++++ Supplied entries ++++
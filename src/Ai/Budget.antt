-- ===== src/Ai/Budget.antt =====
-- Budgets and the backends of an AI route (crates/fp-domain/src/ai.rs).
use flowplane.Base.{
  ℕ, ◌+◌, ◌*◌, ◌≤◌, ◌≡◌, ◌↔◌, Bool, false, not, ◌&&◌, ◌||◌, List, [], ◌∷◌, Option, none, some, Text,
  chars, length, any, is_empty, leb, ltb, nat_eq, List-Eq, ℕ-Eq, ◌==◌, if◌then◌else◌, is_blank,
  arith,
}
use flowplane.Domain.Error.{DomainResult, ok, validation, reject_if, ok_or, ◌>>=◌, ◌>>◌}
use flowplane.Ai.Sse.{OpenAiTokenUsage}

pub data AiBudgetMode : Type 0 where
  shadow enforcing : AiBudgetMode

pub record AiBudgetSpec : Type 0 where
  pub mode : AiBudgetMode
  pub limit_units : ℕ
  pub window_seconds : ℕ
  pub provider_id : Option ℕ
  pub route_config_id : Option ℕ
  pub prompt_token_weight : ℕ
  pub completion_token_weight : ℕ

unfoldable pub validate_budget : AiBudgetSpec → DomainResult (Unit {0})
validate_budget spec = do
  reject_if (nat_eq spec.limit_units 0)
      (validation "AI budget limit_units must be greater than zero")
  reject_if (nat_eq spec.window_seconds 0)
      (validation "AI budget window_seconds must be greater than zero")
  reject_if (nat_eq spec.prompt_token_weight 0 && nat_eq spec.completion_token_weight 0)
      (validation "AI budget token weights must not both be zero")

abbrev pub u64_bound : ℕ
u64_bound = 18446744073709551615

-- `checked_mul` and `checked_add` on `u64`.
abbrev pub checked : ℕ → Option ℕ
checked n = if leb n u64_bound then some n else none

unfoldable pub units_for_usage : AiBudgetSpec → OpenAiTokenUsage → DomainResult ℕ
units_for_usage spec usage =
    ok_or (checked (usage.prompt_tokens * spec.prompt_token_weight))
      (validation "AI budget prompt units overflow")
    >>= λ prompt.
        ok_or (checked (usage.completion_tokens * spec.completion_token_weight))
          (validation "AI budget completion units overflow")
        >>= λ completion.
            ok_or (checked (prompt + completion)) (validation "AI budget units overflow")

-- The units of a usage are the weighted sum of its tokens, and an error exactly when a `u64` cannot
-- hold that sum.
pub units_for_usage_iff :
    (spec : AiBudgetSpec) (usage : OpenAiTokenUsage) (units : ℕ)
    → (units_for_usage spec usage ≡ ok units) ↔ (
        (units
          ≡ usage.prompt_tokens * spec.prompt_token_weight
            + usage.completion_tokens * spec.completion_token_weight)
        × (units ≤ u64_bound))
unfolding units_for_usage
units_for_usage_iff spec usage units = ground arith

pub record AiRouteBackend : Type 0 where
  pub provider_id : ℕ
  pub models : List Text
  pub model_override : Option Text
  pub weight : ℕ
  pub priority : ℕ

pub record AiRouteSpec : Type 0 where
  pub listener_port : ℕ
  pub path : Text
  pub backends : List AiRouteBackend

abbrev pub is_blank_some : Option Text → Bool
is_blank_some none = false
is_blank_some (some s) = is_blank s

unfoldable pub validate_backend : AiRouteBackend → DomainResult (Unit {0})
validate_backend backend = do
  reject_if (nat_eq backend.weight 0 || ltb 1000 backend.weight)
      (validation "AI route backend weight must be 1-1000")
  reject_if (any is_blank backend.models)
      (validation "AI route backend models must not contain empty values")
  reject_if (is_blank_some backend.model_override)
      (validation "AI route backend model_override must not be empty")

unfoldable pub validate_backends : List AiRouteBackend → DomainResult (Unit {0})
unfolding validate_backend
validate_backends [] = ok tt
validate_backends (backend ∷ backends) = validate_backend backend >> validate_backends backends

unfoldable pub validate_route : AiRouteSpec → DomainResult (Unit {0})
unfolding validate_backends
validate_route spec = do
  reject_if (not (spec.path == chars "/v1/chat/completions"))
      (validation "S10 AI routes only support /v1/chat/completions")
  reject_if (is_empty spec.backends || ltb 32 (length spec.backends))
      (validation "AI route must include 1-32 backends")
  validate_backends spec.backends

abbrev pub serves : Text → AiRouteBackend → Bool
serves model backend = is_empty backend.models || any (λ m. m == model) backend.models

-- `enumerate().filter_map(...)` from an index on.
unfoldable pub eligible_from : ℕ → List AiRouteBackend → Text → List ℕ
eligible_from idx [] model = []
eligible_from idx (backend ∷ backends) model =
    let rest = eligible_from (idx + 1) backends model in
    if serves model backend then idx ∷ rest else rest

unfoldable pub eligible_backend_indexes : AiRouteSpec → Text → List ℕ
unfolding eligible_from
eligible_backend_indexes spec model = eligible_from 0 spec.backends model
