-- ===== src/Goroutines/Examples.antt =====
-- Tests and instances: john starts a job, and asks for its stop.
use jobs.Prelude.{
  Text, text, text_eq, trim_space, is_space, ℕ, ◌<◌, pos, lookup, insert, true, false, [], none,
  some, zero, suc, ◌≡◌, ◌≢◌, ◌⊎◌, ◌↔◌, refl, arith,
}
use jobs.Acl.{AccessControl, AccessType, check}
use jobs.Acl
use jobs.Effects
use jobs.Job.{Job, ExecIdentity, ExecLimits, Sys, returns, blocks, panics, zombie}
use jobs.Job.Api
use jobs.Job.Api.{wait}
use jobs.Job.Draining.{Drains, Drained}
use jobs.Job.New.{
  cpu, mem, io, uid, gid, new, configured, apply, default_job, init_job_dirs, build, launch,
}
use jobs.Cgroup.{
  cgroup_name, setup_cgroup, make_outer, setup_inner, echo, limit_io, limit_ram, limit_cpu,
  find_cgroup_mount, scan_mounts, fields, fields_from,
}
use jobs.Job.Threads.{World, Action, run_exited, step}
use jobs.Supervisor.{create_job}
use jobs.Goroutines.{
  to_stop, Pc, idle, granted, put, allocate, link, Move, State, Step, IsNew, Reach,
}
use jobs.Goroutines.Transfers.{held, id_of}
use jobs.Goroutines.Deeds.{newborn}
use jobs.Goroutines.Owned.{IdsAreNew, IsLeaving}
use jobs.Goroutines.Access.{checks_follow_table}
use jobs.Goroutines.Jobs.{Lives, every_job-Lives}
use jobs.Goroutines.Progress.{CanMove, WaitsForReader, only_readers_delay}
use jobs.Goroutines.Ending.{wait_for_process}
use jobs.Fixtures.{host, all_ok, world, job}

abbrev ids : ExecIdentity
ids = record { uid = pos 1000; gid = pos 1000 }

abbrev limits : ExecLimits
limits = record { cpu = 0; max_ram_bytes = pos 0; max_disk_io_bytes = pos 0 }

abbrev job_of : Effects.Result Job → Job
job_of (Effects.ok j) = j
job_of (Effects.err e) = job

made : Job
made = job_of (create_job (text "ls") [] limits ids host []).0

makes : (create_job (text "ls") [] limits ids host []).0 ≡ Effects.ok made
unfolding made create_job new configured apply cpu mem io uid gid default_job init_job_dirs build
    launch setup_cgroup make_outer setup_inner echo limit_io limit_ram limit_cpu find_cgroup_mount
    scan_mounts fields fields_from is_space text_eq cgroup_name
makes = refl

abbrev start : State
start = record {
  memory = record {
    heap = λ p. world;
    next = 0;
    table = [];
    auth = record { super_users = []; super_read_users = []; owners = [] };
    ids = ids;
  };
  pc = λ t. idle;
}

start-IsNew : IsNew start
start-IsNew = record { none_made = refl; empty = refl; none_owned = refl; quiet = λ t. refl }

abbrev after_create : State
after_create = record {
  memory = allocate start.memory made;
  pc = put start.pc 0 (Pc.created 0 (text "john"));
}

abbrev after_register : State
after_register = record {
  memory = link after_create.memory 0;
  pc = put after_create.pc 0 (Pc.registered 0 (text "john"));
}

after_own : State
after_own = record {
  memory = record (after_register.memory) {
    auth = (Acl.set_owner after_register.memory.auth made.id (text "john")).0;
  };
  pc = put after_register.pc 0 idle;
}

after_grant : State
after_grant = record after_own { pc = put after_own.pc 1 (granted (to_stop (text "j2") true)) }

owned : Reach start after_own
unfolding after_own
owned =
    Reach.later {s = after_register}
      (Reach.later {s = after_create}
        (Reach.later Reach.here
          (Step.moves 0 (Move.create host (text "john") (text "ls") [] limits made makes)))
        (Step.moves 0 Move.register))
      (Step.moves 0 Move.own)

may :
    check after_own.memory.auth
      (record { subject = text "john"; object = text "j2"; action = Acl.full_access })
    ≡ true
unfolding after_own check Acl.set_owner lookup insert trim_space is_space text_eq made create_job
    new configured apply cpu mem io uid gid default_job init_job_dirs build launch setup_cgroup
    make_outer setup_inner echo limit_io limit_ram limit_cpu find_cgroup_mount scan_mounts fields
    fields_from cgroup_name
may = refl

asked : Reach start after_grant
unfolding after_grant after_own
asked = Reach.later owned (Step.moves 1 (Move.grant (text "john") (to_stop (text "j2") true) may))

begun : after_grant.pc 1 ≢ idle
unfolding after_grant
begun e = cc

one_job : 0 < after_own.memory.next
unfolding after_own
one_job = omega arith

every_job-Lives_example :
    Lives (after_own.memory.heap 0)
    × ((sys : Sys) (a : Action) → step sys (after_own.memory.heap 0) a ≢ panics)
    × ((after_own.memory.heap 0).job.handler ≢ zombie
        → (wait (after_own.memory.heap 0).job ≡ returns tt)
          ↔ ((after_own.memory.heap 0).exit_ran ≡ true))
every_job-Lives_example = every_job-Lives start-IsNew owned 0 one_job

only_readers_delay_example :
    CanMove all_ok after_grant.memory (after_grant.pc 1)
    ⊎ WaitsForReader after_grant.memory (after_grant.pc 1)
only_readers_delay_example = only_readers_delay start-IsNew asked all_ok 1 begun

found : lookup (text "j2") after_own.memory.table ≡ some 0
unfolding after_own lookup insert text_eq made create_job new configured apply cpu mem io uid gid
    default_job init_job_dirs build launch setup_cgroup make_outer setup_inner echo limit_io
    limit_ram limit_cpu find_cgroup_mount scan_mounts fields fields_from is_space cgroup_name
found = refl

too_many : (x : ℕ) → suc x < after_own.memory.next → ⊥
unfolding after_own
too_many x b = omega arith

first_trimmed : trim_space (after_own.memory.heap 0).job.id ≡ (after_own.memory.heap 0).job.id
unfolding after_own made create_job new configured apply cpu mem io uid gid default_job
    init_job_dirs build launch setup_cgroup make_outer setup_inner echo limit_io limit_ram limit_cpu
    find_cgroup_mount scan_mounts fields fields_from is_space text_eq cgroup_name trim_space
first_trimmed = refl

trims :
    (x : ℕ)
    → x < after_own.memory.next
    → trim_space (id_of after_own.memory x) ≡ id_of after_own.memory x
trims zero b = first_trimmed
trims (suc x) b = absurd (too_many x b)

ids_new : IdsAreNew after_own.memory
unfolding after_own
ids_new = record { distinct = λ x y b c e. omega arith; trimmed = trims }

checks_follow_table_example :
    ((cid k : Text) (a : AccessType)
      → check after_own.memory.auth (record { subject = cid; object = k; action = a }) ≡ true
      → (lookup k after_own.memory.table ≢ none) ⊎ IsLeaving after_own.memory after_own.pc k)
    × ((t x : ℕ) (cid : Text) (a : AccessType)
        → newborn (after_own.pc t) ≡ some x
        → check after_own.memory.auth
            (record { subject = cid; object = id_of after_own.memory x; action = a })
          ≡ false)
    × (((t : ℕ) → after_own.pc t ≡ idle)
        → (cid k : Text) (a : AccessType)
        → check after_own.memory.auth (record { subject = cid; object = k; action = a }) ≡ true
        → lookup k after_own.memory.table ≢ none)
checks_follow_table_example = checks_follow_table start-IsNew owned ids_new

wait_for_process_example :
    ((t x : ℕ) → held (after_own.pc t) ≡ some x → (after_own.memory.heap x).job.handler ≢ zombie)
    × ((id : Text) (x : ℕ) (sys : Sys)
        → lookup id after_own.memory.table ≡ some x
        → ((after_own.memory.heap x).job.handler ≢ zombie)
          × ((wait (after_own.memory.heap x).job ≡ returns tt)
              ⊎ (((after_own.memory.heap x).job.process_state ≡ none)
                  ⊎ ((w : World) × (step sys (after_own.memory.heap x) run_exited ≡ returns w)
                      × (wait w.job ≡ returns tt))))
          × ((u : World) × Drains sys (after_own.memory.heap x) u
              × Drained u
              × ((later : Sys) → Api.cleanup later u.job ≢ blocks)))
wait_for_process_example = wait_for_process start-IsNew owned
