-- ===== src/Job/Deadlock.antt =====
-- Cleanup waits for the open log readers while it holds the state lock. A reader in follow mode
-- waits for `done`, which only `exited` closes, under the same lock.
use jobs.Prelude.{Bool, ◌<◌, ◌+◌, true, false, none, ◌≡◌, ◌≢◌, arith}
use jobs.Job.{Sys, sigkill, Job, returns, blocks, zombie}
use jobs.Job.Api.{wait, completed, logs, stop}
use jobs.Job.Threads.{
  World, Action, call_stop, call_logs, begin_cleanup, end_cleanup, run_exited, follower_ends,
  follower_cancels, follower_fails, call_init_stop, timer_stops, step, Reach, IsFresh,
}

-- A Cleanup waits, a follower is open, and the channel is not closed.
pub record IsStuck (w : World) : Type 0 where
  pub present : w.job.handler ≢ zombie
  pub waits : w.cleaning ≡ true
  pub follows : 0 < w.followers
  pub open_channel : w.job.done ≡ false
  pub reading : w.job.out_lock ≡ w.readers + w.followers

-- A run in which no client of a follower goes away, and no read or send of its handler fails.
pub data Patient (v : World) : World → Type 0 where
  here : Patient v v
  next :
      {w u : World}
      → Patient v w
      → (sys : Sys) (a : Action) → a ≢ follower_cancels
      → a ≢ follower_fails
      → step sys w a ≡ returns u
      → Patient v u

step-IsStuck :
    (sys : Sys) (w : World) (a : Action) (u : World)
    → IsStuck w
    → a ≢ follower_cancels
    → a ≢ follower_fails
    → step sys w a ≡ returns u
    → IsStuck u
unfolding step
step-IsStuck sys w call_stop u v n m h = ground arith
step-IsStuck sys w _ u v n m h = ground arith

Patient-keeps : {w u : World} → IsStuck w → Patient w u → IsStuck u
Patient-keeps v here = v
Patient-keeps v (next {w = m} {u = u} r sys a n k h) =
    step-IsStuck sys m a u (Patient-keeps v r) n k h

stuck_cleanup : (sys : Sys) (w : World) → IsStuck w → step sys w end_cleanup ≡ blocks
unfolding step
stuck_cleanup sys w v = ground arith

-- The steps that want the state lock, `exited` and the Stop of a timer among them. Status and
-- Completed want it too; they change nothing and are no steps.
abbrev pub wants_lock : Action → Bool
wants_lock (call_init_stop to) = true
wants_lock call_stop = true
wants_lock (call_logs follow) = true
wants_lock begin_cleanup = true
wants_lock timer_stops = true
wants_lock run_exited = true
wants_lock _ = false

locked_out :
    (sys : Sys) (w : World) (a : Action) → IsStuck w → wants_lock a ≡ true → step sys w a ≡ blocks
unfolding step
locked_out sys w call_stop v n = ground arith
locked_out sys w _ v n = ground arith

-- Once a Cleanup waits for a follower of a job that is not done, in every run in which no client of
-- a follower goes away and no read or send of a follower's handler fails, the Cleanup waits for ever,
-- whatever the process does: it never finishes, Wait blocks, no follower comes to its end, and no
-- step that wants the state lock can be made, which is every InitStop, Stop, Logs and Cleanup, the
-- Stop of a timer, and `exited`.
pub Patient-IsStuck :
    {w u : World}
    → IsStuck w
    → Patient w u
    → IsStuck u
      × (wait u.job ≡ blocks)
      × ((sys : Sys)
          → (step sys u end_cleanup ≡ blocks)
            × (step sys u follower_ends ≡ blocks)
            × ((a : Action) → wants_lock a ≡ true → step sys u a ≡ blocks))
unfolding wait step
Patient-IsStuck {w} {u} v r =
    let s = Patient-keeps v r in
    (s, ground arith, λ sys. (stuck_cleanup sys u s, ground arith, λ a n. locked_out sys u a s n))

-- The calls that lead there from any new job whose output opens and that takes the signal: a client
-- follows the logs, another stops the job by force, and a Cleanup begins before the process was
-- waited for. The job passes for completed, which is all that the supervisor asks before Cleanup.
pub follow_stop_cleanup :
    (sys : Sys) (w : World)
    → IsFresh w
    → sys.open_file w.job.out_file_path ≡ none
    → ((j : Job) → sys.signal j sigkill ≡ none)
    → (u : World) × Reach w u × IsStuck u × (completed u.job ≡ true)
unfolding step completed
follow_stop_cleanup sys w f o k =
    (w3, r3, ground (arith, k (logs sys w.job).0), ground (arith, k (logs sys w.job).0))
  where
    w1 : World
    w1 = record w { job = (logs sys w.job).0; followers = w.followers + 1 }

    w2 : World
    w2 = record w1 { job = (stop sys w1.job).0 }

    w3 : World
    w3 = record w2 { cleaning = true }

    r1 : Reach w w1
    r1 = Reach.next Reach.here sys (call_logs true) (ground arith)

    r2 : Reach w w2
    r2 = Reach.next {w = w1} r1 sys call_stop (ground arith)

    r3 : Reach w w3
    r3 = Reach.next {w = w2} r2 sys begin_cleanup (ground (arith, k (logs sys w.job).0))
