-- ===== src/Job/Diagram.antt =====
-- The state diagram of a job (rfd/0001-job-service.md, and the handlers).
use jobs.Prelude.{◌≡◌, ◌≢◌, ◌⊎◌, inl, inr, refl, arith}
use jobs.Job.{Sys, Handler, active, ended, stopping, stopped, zombie, returns}
use jobs.Job.Threads.{
  World, Action, call_init_stop, call_stop, end_cleanup, timer_stops, run_exited, step, Reach, here,
  next,
}

-- Which action takes a job from which state to which.
abbrev pub Edge : Action → Handler → Handler → Type 0
Edge (call_init_stop to) h k = (h ≡ active) × (k ≡ stopping)
Edge call_stop h k = ((h ≡ active) ⊎ (h ≡ stopping)) × (k ≡ stopped)
Edge timer_stops h k = ((h ≡ active) ⊎ (h ≡ stopping)) × (k ≡ stopped)
Edge run_exited h k = ((h ≡ active) × (k ≡ ended)) ⊎ ((h ≡ stopping) × (k ≡ stopped))
Edge end_cleanup h k = (h ≢ zombie) × (k ≡ zombie)
Edge _ h k = ⊥

-- Each step of any thread leaves the state of the job, or follows an edge of the diagram.
pub step-Edge :
    (sys : Sys) (w : World) (a : Action) (u : World)
    → step sys w a ≡ returns u
    → (u.job.handler ≡ w.job.handler) ⊎ Edge a w.job.handler u.job.handler
unfolding step
step-Edge sys w call_stop u h = ground arith
step-Edge sys w _ u h = ground arith

-- The states that can follow a state, in any number of steps.
abbrev pub After : Handler → Handler → Type 0
After active k = Unit {0}
After stopping k = (k ≢ active) × (k ≢ ended)
After ended k = (k ≡ ended) ⊎ (k ≡ zombie)
After stopped k = (k ≡ stopped) ⊎ (k ≡ zombie)
After zombie k = k ≡ zombie

After-refl : (h : Handler) → After h h
After-refl active = tt
After-refl stopping = ground arith
After-refl ended = ground arith
After-refl stopped = ground arith
After-refl zombie = refl

After-Edge : (g h k : Handler) (a : Action) → After g h → (k ≡ h) ⊎ Edge a h k → After g k
After-Edge g h k a f (inl e) = rw e f
After-Edge active h k a f (inr e) = tt
After-Edge stopping h k (call_init_stop to) f (inr e) = ground arith
After-Edge stopping h k call_stop f (inr e) = ground arith
After-Edge stopping h k timer_stops f (inr e) = ground arith
After-Edge stopping h k run_exited f (inr e) = ground arith
After-Edge stopping h k end_cleanup f (inr e) = ground arith
After-Edge ended h k (call_init_stop to) f (inr e) = ground arith
After-Edge ended h k call_stop f (inr e) = ground arith
After-Edge ended h k timer_stops f (inr e) = ground arith
After-Edge ended h k run_exited f (inr e) = ground arith
After-Edge ended h k end_cleanup f (inr e) = ground arith
After-Edge stopped h k (call_init_stop to) f (inr e) = ground arith
After-Edge stopped h k call_stop f (inr e) = ground arith
After-Edge stopped h k timer_stops f (inr e) = ground arith
After-Edge stopped h k run_exited f (inr e) = ground arith
After-Edge stopped h k end_cleanup f (inr e) = ground arith
After-Edge zombie h k (call_init_stop to) f (inr e) = ground arith
After-Edge zombie h k call_stop f (inr e) = ground arith
After-Edge zombie h k timer_stops f (inr e) = ground arith
After-Edge zombie h k run_exited f (inr e) = ground arith
After-Edge zombie h k end_cleanup f (inr e) = ground arith
After-Edge _ h k _ f (inr e) = absurd e

-- In any run, a job never goes back in the diagram: a stopping job is never active or ended
-- again, a job that ended or was stopped stays as it is until it is removed, and a removed job
-- stays removed.
pub Reach-After : {w u : World} → Reach w u → After w.job.handler u.job.handler
Reach-After {w} here = After-refl w.job.handler
Reach-After {w} {u} (next {w = v} r sys a h) =
    After-Edge w.job.handler v.job.handler u.job.handler a (Reach-After r) (step-Edge sys v a u h)
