-- ===== src/Job/Stopping.antt =====
-- Stop requests: the signals, the timer of a graceful stop, and what a failed request leaves.
use jobs.Prelude.{
  ==_iff, ℕ, ◌+◌, ◌-◌, ◌<◌, Bool, true, false, List, ◌∷◌, none, some, ◌≡◌, ◌≢◌, ◌⊎◌, refl, ◌∙◌, ap,
  arith,
}
use jobs.Job.{
  Job, Sys, active, ended, stopping, stopped, zombie, Signal, sigterm, sigkill, returns,
  already_stopping, already_stopped, already_ended, removed,
}
use jobs.Job.Handlers.{disarm}
use jobs.Job.Api.{completed, init_stop, stop}
use jobs.Job.Threads.{
  World, Action, call_stop, timer_expires, timer_stops, is_armed, step, Reach, here, next,
}

step-sent :
    (sys : Sys) (w : World) (a : Action) (u : World)
    → completed w.job ≡ true
    → step sys w a ≡ returns u
    → (completed u.job ≡ true) × (u.job.sent ≡ w.job.sent)
unfolding step completed
step-sent sys w call_stop u c h = ground arith
step-sent sys w _ u c h = ground arith

-- A job that is completed stays so, and gets no signal any more: in any run from there its process,
-- or a later process with the same number, is left alone.
pub Reach-sent :
    {w u : World}
    → completed w.job ≡ true
    → Reach w u
    → (completed u.job ≡ true) × (u.job.sent ≡ w.job.sent)
Reach-sent c here = (c, refl)
Reach-sent c (next {w = m} {u = u} r sys a h) =
    let (d, e) = Reach-sent c r in let (d', e') = step-sent sys m a u d h in (d', e' ∙ e)

abbrev pub timer_armed : Job → Bool
timer_armed j = elim j.stop_timer [ none ↦ false | some t ↦ is_armed t j.armed ]

-- A kill is due: the timer of the stop request runs, or a Stop by a timer is about to be made.
abbrev pub WillKill : World → Type 0
WillKill w = (timer_armed w.job ≡ true) ⊎ (0 < w.pending_stops)

-- SIGKILL reaches the process of any job.
abbrev pub Delivers : Sys → Type 0
Delivers sys = (j : Job) → sys.signal j sigkill ≡ none

-- A run in which it does so at each step.
pub data Delivered (v : World) : World → Type 0 where
  unmoved : Delivered v v
  moved :
      {w u : World}
      → Delivered v w
      → (sys : Sys) (a : Action) → Delivers sys
      → step sys w a ≡ returns u
      → Delivered v u

-- What InitStop does in each state, where `after_func j to` is the job with its timer armed: an
-- active job gets SIGTERM, and is stopping if the signal was delivered; a job in any other state is
-- left as it is, with that state's error.
pub init_stop_lem :
    (sys : Sys) (j : Job) (to : ℕ)
    → (j.handler ≡ active
        → (timer_armed (init_stop sys j to).0 ≡ true)
          × ((((init_stop sys j to).1 ≡ none)
                × ((init_stop sys j to).0.handler ≡ stopping)
                × ((init_stop sys j to).0.sent ≡ sigterm ∷ j.sent))
              ⊎ (((init_stop sys j to).1 ≢ none)
                  × ((init_stop sys j to).0.handler ≡ active)
                  × ((init_stop sys j to).0.sent ≡ j.sent))))
      × (j.handler ≡ stopping → init_stop sys j to ≡ (j, some already_stopping))
      × (j.handler ≡ stopped → init_stop sys j to ≡ (j, some already_stopped))
      × (j.handler ≡ ended → init_stop sys j to ≡ (j, some already_ended))
      × (j.handler ≡ zombie → init_stop sys j to ≡ (j, some removed))
unfolding init_stop
init_stop_lem sys j to = (
  λ h. (ground (arith, ==_iff j.next_timer j.next_timer), ground arith),
  λ h. ground arith,
  λ h. ground arith,
  λ h. ground arith,
  λ h. ground arith,
)

pub stop_active :
    (sys : Sys) (j : Job)
    → j.handler ≡ active
    → sys.signal j sigkill ≡ none
    → stop sys j ≡ (record j { sent = sigkill ∷ j.sent; handler = stopped }, none)
unfolding stop
stop_active sys j a k = ground arith

failed_init_stop :
    (sys : Sys) (j : Job) (to : ℕ)
    → j.handler ≡ active
    → (init_stop sys j to).1 ≢ none
    → ((init_stop sys j to).0.handler ≡ active)
      × ((init_stop sys j to).0.sent ≡ j.sent)
      × (is_armed j.next_timer (init_stop sys j to).0.armed ≡ true)
unfolding init_stop
failed_init_stop sys j to a e =
    (ground arith, ground arith, ground (arith, ==_iff j.next_timer j.next_timer))

timer_kills :
    (later : Sys) (w : World) (t : ℕ)
    → w.job.handler ≡ active
    → w.cleaning ≡ false
    → is_armed t w.job.armed ≡ true
    → ((k : Job) → later.signal k sigkill ≡ none)
    → (u v : World) × (step later w (timer_expires t) ≡ returns u)
      × (step later u timer_stops ≡ returns v)
      × (v.job.handler ≡ stopped)
      × (v.job.sent ≡ sigkill ∷ w.job.sent)
unfolding step
timer_kills later w t a l e k =
    (u, v, ground arith, ground arith, rw killed_job refl, rw killed_job refl)
  where
    u : World
    u = record w {
      job = record (w.job) { armed = disarm t w.job.armed };
      pending_stops = w.pending_stops + 1;
    }

    v : World
    v = record u { job = (stop later u.job).0; pending_stops = u.pending_stops - 1 }

    killed_job :
        stop later u.job ≡ (record (u.job) { sent = sigkill ∷ u.job.sent; handler = stopped }, none)
    killed_job = stop_active later u.job a (k _)

-- A request for a graceful stop that fails on an active job leaves its timer armed: InitStop
-- returns an error and the job stays active, but when that timer runs out and SIGKILL can be
-- delivered, it is delivered.
pub failed_init_stop_kills :
    (sys later : Sys) (w : World) (to : ℕ)
    → w.job.handler ≡ active
    → w.cleaning ≡ false
    → (init_stop sys w.job to).1 ≢ none
    → ((k : Job) → later.signal k sigkill ≡ none)
    → let asked = record w { job = (init_stop sys w.job to).0 } in
      (asked.job.handler ≡ active)
      × ((u v : World) × (step later asked (timer_expires w.job.next_timer) ≡ returns u)
          × (step later u timer_stops ≡ returns v)
          × (v.job.handler ≡ stopped)
          × (v.job.sent ≡ sigkill ∷ w.job.sent))
failed_init_stop_kills sys later w to a l e k =
    let (still, sent, arm) = failed_init_stop sys w.job to a e in
    let asked : World = record w { job = (init_stop sys w.job to).0 } in
    let (u, v, p, q, r, s) = timer_kills later asked w.job.next_timer still l arm k in
    (still, (u, v, p, q, r, s ∙ ap (λ (x : List Signal). sigkill ∷ x) sent))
++++
If a line in the entries above contains "AiRouteSpec", it counts toward the total; give only that total.

3